Interview: Joan Rivers and Directors of ‘Joan Rivers: Piece Of Work’

Last week, I got to sit down with Joan Rivers and directors Ricki Stern and Anne Sundberg about their new film “Joan Rivers: A Piece of Work.” What I found was that Joan Rivers is a really funny lady who curses a lot, and makes amazing jokes about Hitler. Unfortunately Stern and Sundberg didn’t make any jokes about Hitler.

First was Joan.

In the film you say that after doing a sexual joke on TV in the 1960’s a manager told you that you shouldn’t be talking about that kind of thing. You’re response was it was exactly the thing you should be talking about. Why?

Joan Rivers: I just knew he was wrong. If I’m talking about it on stage I know it’s right, but I don’t know why it’s right. But there is an obvious connection with the audience that you know, “Yeah, we should be talking about this.” First of all he was a man, and he doesn’t know what women go through. And the women in the audience were responding to that.

Also in the film you propose a joke about Michelle Obama referring to her lovingly as “Blackie-O.” Do you think she would have responded to that?

Joan Rivers: If I were black and saying it she would have laughed. I stop and say, “If I’m a Jew and you’re going to make a Jew joke, if you’re not Jewish am I going to laugh?” You always have to say, “What is the other factor here.” I meant it truly as a compliment, she’s so chic! But people said, “You can’t say that!” So I didn’t. You certainly don’t want to be taken the wrong way. So I try to say, “If they’re non-Jewish, and they make the joke would I laugh?” Usually I go, “Yeah.”

You say that when you got your late-night show at Fox Johnny Carson never spoke to you again. Why do you think that is?

Joan Rivers: Two reasons – I think because I was a woman he never thought I’d leave him. Every one in that group – David Bremmer left, Bill Cosby left, George Carlon left – he never was angry at anybody. I left and it was like, “You cut off my arms. How can you leave me?!” Also let’s look at the Leno/Conan thing; I left and I became competitive with him.

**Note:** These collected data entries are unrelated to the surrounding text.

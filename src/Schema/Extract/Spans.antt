-- ===== src/Schema/Extract/Spans.antt =====
-- `_spans` of code_analyzer/harness/schema.py: what is cut out of a response.
use code_analyzer.Prelude.{
  ℕ, zero, suc, ◌≡◌, refl, sym, ap, ◌∙◌, subst, Bool, true, false, Option, none, some, List, [],
  ◌∷◌, ◌++◌, if◌then◌else◌, take, drop, arith, All, inl, inr, Bool-cases,
}
use code_analyzer.Prelude.Text.{Text}
use code_analyzer.Schema.Extract.{
  Place, outside, inside, escaped, spans, span_at, matching, closer_of, scan_step, closes,
}
use mathlib.Core.Option
use mathlib.Core.Option

-- The texts stand in the text one behind the other, none inside another one.
abbrev pub StandIn : List Text → Text → Type 0
StandIn [] text = Unit
StandIn (span ∷ rest) text =
    (before : Text) × (after : Text) × (text ≡ before ++ span ++ after) × StandIn rest after

-- The text begins with an opener and ends with the closer that belongs to it.
abbrev pub IsBracketed : Text → Type 0
IsBracketed span =
    (opener : ℕ) × (closer : ℕ) × (middle : Text) × (closer_of opener ≡ some closer)
    × (span ≡ opener ∷ middle ++ closer ∷ [])

StandIn-cons :
    (c : ℕ) (rest : List Text) (text : Text) → StandIn rest text → StandIn rest (c ∷ text)
StandIn-cons c [] text h = tt
StandIn-cons c (span ∷ rest) text (before, after, e, h) = (c ∷ before, after, ap (λ t. c ∷ t) e, h)

StandIn-prepend :
    (front : Text) (rest : List Text) (text : Text)
    → StandIn rest text
    → StandIn rest (front ++ text)
StandIn-prepend [] rest text h = h
StandIn-prepend (c ∷ front) rest text h =
    StandIn-cons c rest (front ++ text) (StandIn-prepend front rest text h)

P-option {κ} :
    (P : List Text → Type κ) (o : Option ℕ) (a : List Text) (b : ℕ → List Text)
    → (o ≡ none → P a)
    → ((n : ℕ) → o ≡ some n → P (b n))
    → P (elim o [ none ↦ a | some n ↦ b n ])
P-option P none a b h k = h refl
P-option P (some n) a b h k = k n refl

take-drop : (n : ℕ) (t : Text) → t ≡ take n t ++ drop n t
take-drop zero t = refl
take-drop (suc n) [] = refl
take-drop (suc n) (c ∷ t) = ap (λ s. c ∷ s) (take-drop n t)

-- The pieces that `_spans` cuts out of a response stand in it in their order and do not overlap.
pub spans-StandIn : (skip : ℕ) (text : Text) → StandIn (spans skip text) (drop skip text)
unfolding spans
spans-StandIn zero [] = tt
spans-StandIn (suc skip) [] = tt
spans-StandIn (suc skip) (c ∷ s) = spans-StandIn skip s
spans-StandIn zero (c ∷ s) =
    P-option (λ pieces. StandIn pieces (c ∷ s)) (span_at (c ∷ s)) (spans 0 s)
      (λ n. take (suc n) (c ∷ s) ∷ spans n s)
      (λ _. StandIn-cons c (spans 0 s) s (spans-StandIn 0 s))
      (λ n _. ([], drop n s, ap (λ t. c ∷ t) (take-drop n s), spans-StandIn n s))

matching-suc :
    (closer : ℕ) (c : ℕ) (s : Text) (r : Option ℕ) (n : ℕ)
    → ((m : ℕ) → r ≡ some m → (middle : Text) × (take (suc m) s ≡ middle ++ closer ∷ []))
    → Option.map suc r ≡ some n
    → (middle : Text) × (take (suc n) (c ∷ s) ≡ middle ++ closer ∷ [])
matching-suc closer c s none n ih e = absurd (cc)
matching-suc closer c s (some m) n ih e =
    let (middle, q) = ih m refl in
    (
      c ∷ middle,
      subst (λ k. take (suc k) (c ∷ s) ≡ c ∷ middle ++ closer ∷ []) (the_same m n e)
          (ap (λ t. c ∷ t) q),
    )
  where
    the_same : (m n : ℕ) → some (suc m) ≡ some n → suc m ≡ n
    the_same m n e = cc

if-true : {A : Type 0} (b : Bool) (x y : A) → b ≡ true → (if b then x else y) ≡ x
if-true b x y e = rw e refl

if-false : {A : Type 0} (b : Bool) (x y : A) → b ≡ false → (if b then x else y) ≡ y
if-false b x y e = rw e refl

at_closer :
    (closer c : ℕ) (s : Text) (n : ℕ)
    → c ≡ closer
    → some 0 ≡ some n
    → (middle : Text) × (take (suc n) (c ∷ s) ≡ middle ++ closer ∷ [])
at_closer closer c s zero h e = ([], ap (λ x. x ∷ []) h)
at_closer closer c s (suc n) h e = absurd (cc)

closes-closer :
    (opener closer depth : ℕ) (p : Place) (c : ℕ)
    → closes opener closer depth p c ≡ true
    → c ≡ closer
closes-closer opener closer depth outside c h = ground arith
closes-closer opener closer depth inside c h = absurd (cc)
closes-closer opener closer depth escaped c h = absurd (cc)

matching-closer :
    (opener closer depth : ℕ) (p : Place) (s : Text) (n : ℕ)
    → matching opener closer depth p s ≡ some n
    → (middle : Text) × (take (suc n) s ≡ middle ++ closer ∷ [])
unfolding matching
matching-closer opener closer depth p [] n e = absurd (cc)
matching-closer opener closer depth p (c ∷ s) n e =
    let next = scan_step opener closer depth p c in
    elim (Bool-cases (closes opener closer depth p c)) [
      | inr h ↦
          matching-suc closer c s (matching opener closer next.0 next.1 s) n
            (λ m q. matching-closer opener closer next.0 next.1 s m q) (sym (if-false _ _ _ h) ∙ e)
      | inl h ↦
          at_closer closer c s n (closes-closer opener closer depth p c h)
            (sym (if-true _ _ _ h) ∙ e)
    ]

closer_of-differs : (c closer : ℕ) → closer_of c ≡ some closer → c ≡ closer → ⊥
closer_of-differs c closer h e = ground arith

opened :
    (c closer : ℕ) (t middle : Text)
    → closer_of c ≡ some closer
    → c ∷ t ≡ middle ++ closer ∷ []
    → IsBracketed (c ∷ t)
opened c closer t [] h e = absurd (closer_of-differs c closer h (ground arith))
opened c closer t (m ∷ middle) h e = (c, closer, middle, h, ground arith)

span_at-IsBracketed :
    (c : ℕ) (s : Text) (n : ℕ) → span_at (c ∷ s) ≡ some n → IsBracketed (take (suc n) (c ∷ s))
unfolding span_at
span_at-IsBracketed c s n = go (closer_of c) refl
  where
    go :
        (o : Option ℕ)
        → closer_of c ≡ o
        → (elim o [ none ↦ none | some closer ↦ matching c closer 0 outside (c ∷ s) ]) ≡ some n
        → IsBracketed (take (suc n) (c ∷ s))
    go none h e = absurd (cc)
    go (some closer) h e =
        let (middle, q) = matching-closer c closer 0 outside (c ∷ s) n e in
        opened c closer (take n s) middle h q

-- A piece that is cut out begins with an opener and ends with the closer of that opener.
pub spans-IsBracketed : (skip : ℕ) (text : Text) → All IsBracketed (spans skip text)
unfolding spans
spans-IsBracketed zero [] = tt
spans-IsBracketed (suc skip) [] = tt
spans-IsBracketed (suc skip) (c ∷ s) = spans-IsBracketed skip s
spans-IsBracketed zero (c ∷ s) =
    P-option (All IsBracketed) (span_at (c ∷ s)) (spans 0 s) (λ n. take (suc n) (c ∷ s) ∷ spans n s)
      (λ _. spans-IsBracketed 0 s) (λ n e. (span_at-IsBracketed c s n e, spans-IsBracketed n s))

He was out to kill me. He became a tough, smart businessman. And what happened with Leno and Conan. Leno said I want it back, and he got it back. Conan was going around going, “Boo-hoo, boo-hoo,” and then he turns around and does it to George Lopez. I want that spot, push him out. It is a business.

Did you ever talk to any of Johnny and your mutual friends about it?

Joan Rivers: He never had any friends, he was very enclosed. The only one was, God-Bless, Ed McMahon. At one of my terribly low points, I was sitting in the Beverly Hills Hotel – so not that low… a lowish point, looking very chic, but a lowish point – and Ed McMahon came over and talked to me, and I thought, “You are risking your job.”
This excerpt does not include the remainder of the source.